Goodwill represents the future economic benefits arising from a business combination that are not individually identified and separately
recognized. It is not amortized but tested for impairment at least annually, or whenever there is an indication of possible impairment.
F) IMPAIRMENT OF NON FINANCIAL ASSETS
At the end of each reporting period, the Corporation reviews the carrying value of its property, plant and equipment and intangible assets
with finite useful lives to determine whether there is any indication that those assets may be impaired. If any such indication exists, the
recoverable amount of the asset is estimated in order to determine the extent of the impairment loss, if any.
Goodwill and intangible assets with indefinite useful lives are tested for impairment at least annually, or whenever there is an indication
that the asset may be impaired.
The recoverable amount is the higher of fair value less costs to sell and value in use. In assessing value in use, the estimated future
cash flows are discounted to their present value using a pre-tax discount rate that reflects current market assessments of the time value
of money and the risks specific to the asset for which the estimates of future cash flows have not been adjusted.
For the purpose of impairment testing, assets that cannot be tested on an individual basis are grouped together into the smallest
identifiable group of assets that generates cash inflows that are largely independent of the cash inflows from other assets (“cash-
generating unit” or “CGU”). When a reasonable and consistent basis of allocation can be identified, corporate assets are allocated to
an individual CGU, otherwise they are allocated to the smallest group of CGU for which a reasonable and a consistent basis of allocation
can be identified.
An impairment loss is recognized when the carrying amount of an asset or a CGU exceeds its recoverable amount. Impairment losses
recognized in respect of CGUs are allocated first to reduce the carrying amount of any allocated goodwill and then to reduce the carrying
amount of other assets on a pro rata basis. The impairment loss is recognized immediately in profit or loss in the period in which the
loss is incurred.
Impairment losses recognized in prior periods are assessed at each reporting date for any indications that the loss has decreased or
no longer exists. An impairment loss is reversed if there has been a change in the estimates used to determine the recoverable amount.

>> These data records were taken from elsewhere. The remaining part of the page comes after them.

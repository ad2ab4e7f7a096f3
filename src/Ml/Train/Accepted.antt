-- ===== src/Ml/Train/Accepted.antt =====
-- The gates on an artifact that was trained.
use vn_robotics.Prelude.{
  ◌≡◌, ◌≢◌, refl, sym, ap, Bool, true, false, not, some, [], ◌∷◌, ◌++◌, arith, if◌then◌else◌,
  Bool-cases, inl, inr,
}
use mathlib.Core.Path.{subst}
use vn_robotics.Py.Errors.{ok, raise}
use vn_robotics.Py.Json.{
  Number, Json, null, bool, num, str, arr, obj, end, field, find, item, member, get_or, items,
  entries, truthy, as_number, equals_one, list_of, elements, empty_dict,
}
use vn_robotics.Data.Manifest.{is_positive, validate}
use vn_robotics.Data.Manifest.Usable.{Result-bind}
use vn_robotics.Data.Manifest.Build.{git_description}
use vn_robotics.Mlops.Gates.{
  Reason, no_commit, validates, feature_contract, selected_key, provenance,
}
use vn_robotics.Ml.Features.{feature_names}
use vn_robotics.Ml.Train.{Scores}
use vn_robotics.Ml.Train.Artifact.{
  Run, Trained, refused, trained, results, artifact_of, dataset_entry,
}

-- What the code relies on of one and zero.
pub record LawfulZero {F : Type 0} (n : Number F) : Type 0 where
  pub one_same : n.eq (n.literal 1 0) (n.literal 1 0) ≡ true
  pub zero_le : n.le (n.literal 0 0) (n.literal 0 0) ≡ true
  pub equal_le : (x : F) → n.eq x (n.literal 0 0) ≡ true → n.le x (n.literal 0 0) ≡ true

pub ok_inj : {A : Type 0} (a b : A) → ok a ≡ ok b → a ≡ b
ok_inj a b h = ap (λ r. elim r [ ok x ↦ x | raise e ↦ a ]) h

module _ {F : Type 0} ⦃n : Number F⦄ (law : LawfulZero n) where
  pub positive-truthy :
      (v : Json F) (x : F) → as_number v ≡ ok x → is_positive x ≡ true → truthy v ≡ true
  unfolding as_number truthy
  positive-truthy (bool true) x e p = refl
  positive-truthy (bool false) x e p =
      let same : n.literal 0 0 ≡ x = ok_inj (n.literal 0 0) x e in
      let p' = subst (λ y. is_positive y ≡ true) (sym same) p in
      absurd (ground (arith, p', law.zero_le))
  positive-truthy (num y) x e p =
      let p' = subst (λ y. is_positive y ≡ true) (sym (ok_inj y x e)) p in
      elim (Bool-cases (n.eq y (n.literal 0 0))) [
        | inl h ↦ absurd (ground (arith, p', law.equal_le y h))
        | inr h ↦ ap not h
      ]
  positive-truthy null x e p = absurd (ground (arith, e))
  positive-truthy (str s) x e p = absurd (ground (arith, e))
  positive-truthy (arr xs) x e p = absurd (ground (arith, e))
  positive-truthy (obj fs) x e p = absurd (ground (arith, e))

  pub artifact_of-validates :
      (ridge base stats split dataset code : Json F) (x y z : Scores F)
      → validates (artifact_of ridge base (results x y z) stats split dataset code) ≡ ok []
  unfolding validates artifact_of member find item items entries truthy equals_one
  artifact_of-validates ridge base stats split dataset code x y z = rw law.one_same refl

module _ {F : Type 0} ⦃n : Number F⦄ where
  pub artifact_of-feature_contract :
      (ridge base metrics stats split dataset code : Json F)
      → feature_contract (artifact_of ridge base metrics stats split dataset code) feature_names
        ≡ ok []
  unfolding feature_contract artifact_of find item list_of elements
  artifact_of-feature_contract ridge base metrics stats split dataset code = refl

  pub artifact_of-selected_key :
      (ridge base stats split dataset code : Json F) (x y z : Scores F)
      → selected_key (artifact_of ridge base (results x y z) stats split dataset code)
        ≡ ok (some (str "ridge + shape"))
  unfolding selected_key artifact_of find member get_or truthy
  artifact_of-selected_key ridge base stats split dataset code x y z = refl

  -- The entry of a dataset.
  abbrev pub entry_of : (world robot frames episodes created code labels : Json F) → Json F
  entry_of world robot frames episodes created code labels = obj (
      field "world" world (
        field "robot" robot (
          field "frames" frames (
            field "episodes" episodes
              (field "recorded" created (field "code" code (field "labels" labels end)))))))

  artifact_code :
      (ridge base metrics stats split dataset code : Json F)
      → get_or "code" empty_dict (artifact_of ridge base metrics stats split dataset code) ≡ ok code
  unfolding artifact_of get_or find
  artifact_code ridge base metrics stats split dataset code = refl

  artifact_dataset :
      (ridge base metrics stats split dataset code : Json F)
      → get_or "dataset" empty_dict (artifact_of ridge base metrics stats split dataset code)
        ≡ ok dataset
  unfolding artifact_of get_or find
  artifact_dataset ridge base metrics stats split dataset code = refl

  entry_reads :
      (w r f e c code labels : Json F)
      → let d = entry_of w r f e c code labels in
        (get_or "code" empty_dict d ≡ ok code)
        × (get_or "frames" null d ≡ ok f)
        × (get_or "labels" empty_dict d ≡ ok labels)
  unfolding get_or find
  entry_reads w r f e c code labels = (refl, refl, refl)

  lone : (b : Bool) (r : Reason F) → (if b then [] else r ∷ []) ++ [] ≡ (if b then [] else r ∷ [])
  lone true r = refl
  lone false r = refl

  pub artifact_of-provenance :
      (ridge base metrics stats split code : Json F)
      (w r f e c dataset_code labels commit dataset_commit source : Json F)
      → get_or "commit" null code ≡ ok commit
      → get_or "commit" null dataset_code ≡ ok dataset_commit
      → get_or "source" null labels ≡ ok source
      → truthy dataset_commit ≡ true
      → truthy f ≡ true
      → let d = entry_of w r f e c dataset_code labels in
        provenance (artifact_of ridge base metrics stats split d code)
        ≡ ok (if truthy commit then [] else no_commit ∷ [])
  unfolding provenance
  artifact_of-provenance ridge base metrics stats split code w r f e c dataset_code labels commit
        dataset_commit source h₁ h₂ h₃ h₄ h₅ =
      let d = entry_of w r f e c dataset_code labels in
      let (a, b, l) = entry_reads w r f e c dataset_code labels in
      rw
        (
          artifact_code ridge base metrics stats split d code,
          h₁,
          artifact_dataset ridge base metrics stats split d code,
          a,
          h₂,
          b,
          l,
          h₃,
          h₄,
          h₅,
        )
        (ap ok (lone (truthy commit) no_commit))

  -- An artifact that fails no gate that does not look at the scores, but for a commit that is
  -- missing.
  pub record IsAccepted (run : Run F) (artifact : Json F) : Type 0 where
    pub is_valid : validates artifact ≡ ok []
    pub has_features : feature_contract artifact feature_names ≡ ok []
    pub selects : selected_key artifact ≡ ok (some (str "ridge + shape"))
    pub commit : Json F
    pub commit_read : get_or "commit" null (git_description run.checkout "/ws") ≡ ok commit
    pub provenance_is : provenance artifact ≡ ok (if truthy commit then [] else no_commit ∷ [])

  abbrev pub Handled : Run F → Trained F → Type 0
  Handled run (refused ps) = (validate run.manifest ≡ ok ps) × (ps ≢ [])
  Handled run (trained artifact) = (validate run.manifest ≡ ok []) × IsAccepted run artifact

  -- A dataset's entry, from the items of the manifest.
  pub record Entered (doc d : Json F) : Type 0 where
    pub world : Json F
    pub robot : Json F
    pub frames : Json F
    pub episodes : Json F
    pub created : Json F
    pub code : Json F
    pub labels : Json F
    pub frames_read : item "frames" doc ≡ ok frames
    pub code_read : item "code" doc ≡ ok code
    pub labels_read : item "labels" doc ≡ ok labels
    pub entry : entry_of world robot frames episodes created code labels ≡ d

  pub dataset_entry-Entered : (doc d : Json F) → dataset_entry doc ≡ ok d → Entered doc d
  unfolding dataset_entry
  dataset_entry-Entered doc d h =
      let (world, e₁, h₁) = Result-bind (item "world" doc) _ d h in
      let (robot, e₂, h₂) = Result-bind (item "robot" doc) _ d h₁ in
      let (frames, e₃, h₃) = Result-bind (item "frames" doc) _ d h₂ in
      let (episodes, e₄, h₄) = Result-bind (item "episodes" doc) _ d h₃ in
      let (created, e₅, h₅) = Result-bind (item "created" doc) _ d h₄ in
      let (code, e₆, h₆) = Result-bind (item "code" doc) _ d h₅ in
      let (labels, e₇, h₇) = Result-bind (item "labels" doc) _ d h₆ in
      record {
        world = world;
        robot = robot;
        frames = frames;
        episodes = episodes;
        created = created;
        code = code;
        labels = labels;
        frames_read = e₃;
        code_read = e₆;
        labels_read = e₇;
        entry = ok_inj _ d h₇;
      }
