-- ===== src/Reporting/Graphite.antt =====
-- src/reporting/graphite_reporter.cc. Of the stream of libwte the model keeps the calls that it gets,
-- the latest first; what the stream answers are the events. A line is a call of `fmt::format`.
use ccmetrics.Base.{ℕ, Bool, true, false, String, List, [], ◌∷◌, ◌++◌, Option, none, some}
use ccmetrics.Serializer.{Reading}
use Prim.Native.String.{◌++◌ as ◌<>◌}

-- `format(layout, path, value, timestamp)`, of an integer and of a double.
pub data Line (F : Type 0) : Type 0 where
  int_line : (layout path : String) → ℕ → (timestamp : ℕ) → Line F
  double_line : (layout path : String) → F → (timestamp : ℕ) → Line F

abbrev pub integer_layout : String
integer_layout = "{} {} {}\n"

abbrev pub double_layout : String
double_layout = "{} {:2.2f} {}\n"

-- The layout of the 15-minute rates, which has a space before the end of the line.
abbrev pub spaced_layout : String
spaced_layout = "{} {:2.2f} {} \n"

-- What `report` reads of a meter, and of the registry.
pub record Rates (F : Type 0) : Type 0 where
  pub m1 : F
  pub m5 : F
  pub m15 : F

pub record Report (F : Type 0) : Type 0 where
  pub counters : List (String × ℕ)
  pub timers : List (String × Reading F)
  pub meters : List (String × Rates F)
  pub timestamp : ℕ

-- `prefix`.
abbrev pub prefix : String → String → String
prefix name val = name <> "." <> val

module _ {F : Type 0} where
  -- `writeCounter`, `writeTimer` and `writeMeter`: the lines that they append to the buffer.
  unfoldable pub write_counter : String → ℕ → (timestamp : ℕ) → List (Line F)
  write_counter name value ts = int_line integer_layout (prefix name "count") value ts ∷ []

  unfoldable pub write_timer : String → Reading F → (timestamp : ℕ) → List (Line F)
  write_timer name t ts =
      int_line integer_layout (prefix name "count") t.count ts
      ∷ double_line double_layout (prefix name "m1_rate") t.m1_rate ts
      ∷ double_line double_layout (prefix name "m5_rate") t.m5_rate ts
      ∷ double_line spaced_layout (prefix name "m15_rate") t.m15_rate ts
      ∷ int_line integer_layout (prefix name "min") t.least ts
      ∷ int_line integer_layout (prefix name "max") t.largest ts
      ∷ double_line double_layout (prefix name "mean") t.average ts
      ∷ double_line double_layout (prefix name "stdev") t.deviation ts
      ∷ double_line double_layout (prefix name "median") t.p50 ts
      ∷ double_line double_layout (prefix name "p75") t.p75 ts
      ∷ double_line double_layout (prefix name "p95") t.p95 ts
      ∷ double_line double_layout (prefix name "p99") t.p99 ts
      ∷ double_line double_layout (prefix name "p999") t.p999 ts
      ∷ []

  unfoldable pub write_meter : String → Rates F → (timestamp : ℕ) → List (Line F)
  write_meter name m ts =
      double_line double_layout (prefix name "m1_rate") m.m1 ts
      ∷ double_line double_layout (prefix name "m5_rate") m.m5 ts
      ∷ double_line spaced_layout (prefix name "m15_rate") m.m15 ts
      ∷ []

  -- A loop over the entries of a map.
  abbrev pub write_all :
      {A : Type 0} → (String → A → ℕ → List (Line F)) → List (String × A) → ℕ → List (Line F)
  write_all write [] ts = []
  write_all write ((name, metric) ∷ entries) ts = write name metric ts ++ write_all write entries ts

  -- The buffer that `report` fills.
  unfoldable pub report_lines : Report F → List (Line F)
  unfolding write_counter write_timer write_meter
  report_lines r =
      write_all write_counter r.counters r.timestamp
      ++ write_all write_timer r.timers r.timestamp
      ++ write_all write_meter r.meters r.timestamp

-- `State`.
pub data State : Type 0 where
  disconnected connecting connected : State

-- The calls of the stream.
pub data Call (F : Type 0) : Type 0 where
  create_stream : Call F
  connect_stream : Call F
  write_stream : List (Line F) → Call F
  close_stream : Call F

-- `GraphiteReporter`: `state_`, whether `stream_` is set, and the calls so far.
pub record GraphiteReporter (F : Type 0) : Type 0 where
  pub state : State
  pub streaming : Bool
  pub calls : List (Call F)

abbrev pub new_graphite : {F : Type 0} → GraphiteReporter F
new_graphite = record { state = disconnected; streaming = false; calls = [] }

module _ {F : Type 0} where
  -- `connect`; none where its assertion fails. (A stream that was set is deleted.)
  unfoldable pub connect : GraphiteReporter F → Option (GraphiteReporter F)
  connect g = elim (g.state) [
    | disconnected ↦ some (record {
      state = connecting;
      streaming = true;
      calls = connect_stream ∷ create_stream ∷ g.calls;
    })
    | _ ↦ none
  ]

  -- `report`.
  unfoldable pub report : Report F → GraphiteReporter F → Option (GraphiteReporter F)
  unfolding connect report_lines
  report r g = elim (g.state) [
    | disconnected ↦ connect g
    | connecting ↦ some g
    | connected ↦ some (record g { calls = write_stream (report_lines r) ∷ g.calls })
  ]

  -- `ConnectCallback::complete`, with what its call of `report` reads, and `ConnectCallback::error`.
  unfoldable pub connect_complete : Report F → GraphiteReporter F → Option (GraphiteReporter F)
  unfolding report
  connect_complete r g = elim (g.state) [
    | connecting ↦ report r (record g { state = connected })
    | _ ↦ none
  ]

  unfoldable pub connect_error : GraphiteReporter F → Option (GraphiteReporter F)
  connect_error g = elim (g.state) [
    | connecting ↦ some (record g { state = disconnected })
    | _ ↦ none
  ]

  -- `WriteCallback::error`. (`WriteCallback::complete` does nothing.)
  unfoldable pub write_error : GraphiteReporter F → Option (GraphiteReporter F)
  write_error g = elim (g.state) [
    | connected ↦ some (record g { state = disconnected; calls = close_stream ∷ g.calls })
    | _ ↦ none
  ]

  -- `~GraphiteReporter`.
  unfoldable pub destroy_graphite : GraphiteReporter F → GraphiteReporter F
  destroy_graphite g = elim (g.streaming) [
    | true ↦ record g { calls = close_stream ∷ g.calls }
    | false ↦ g
  ]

An impairment loss is reversed only to the extent that the asset's carrying amount does not exceed the carrying amount that would have
been determined, net of depreciation or amortization, if no impairment loss had been recognized. A reversal of an impairment loss is
recognized immediately in profit or loss.
For the purpose of impairment testing, goodwill is allocated to each of the Corporation's CGUs that are expected to benefit from the
synergies of the related business combination. An impairment loss recognized for goodwill cannot be reversed.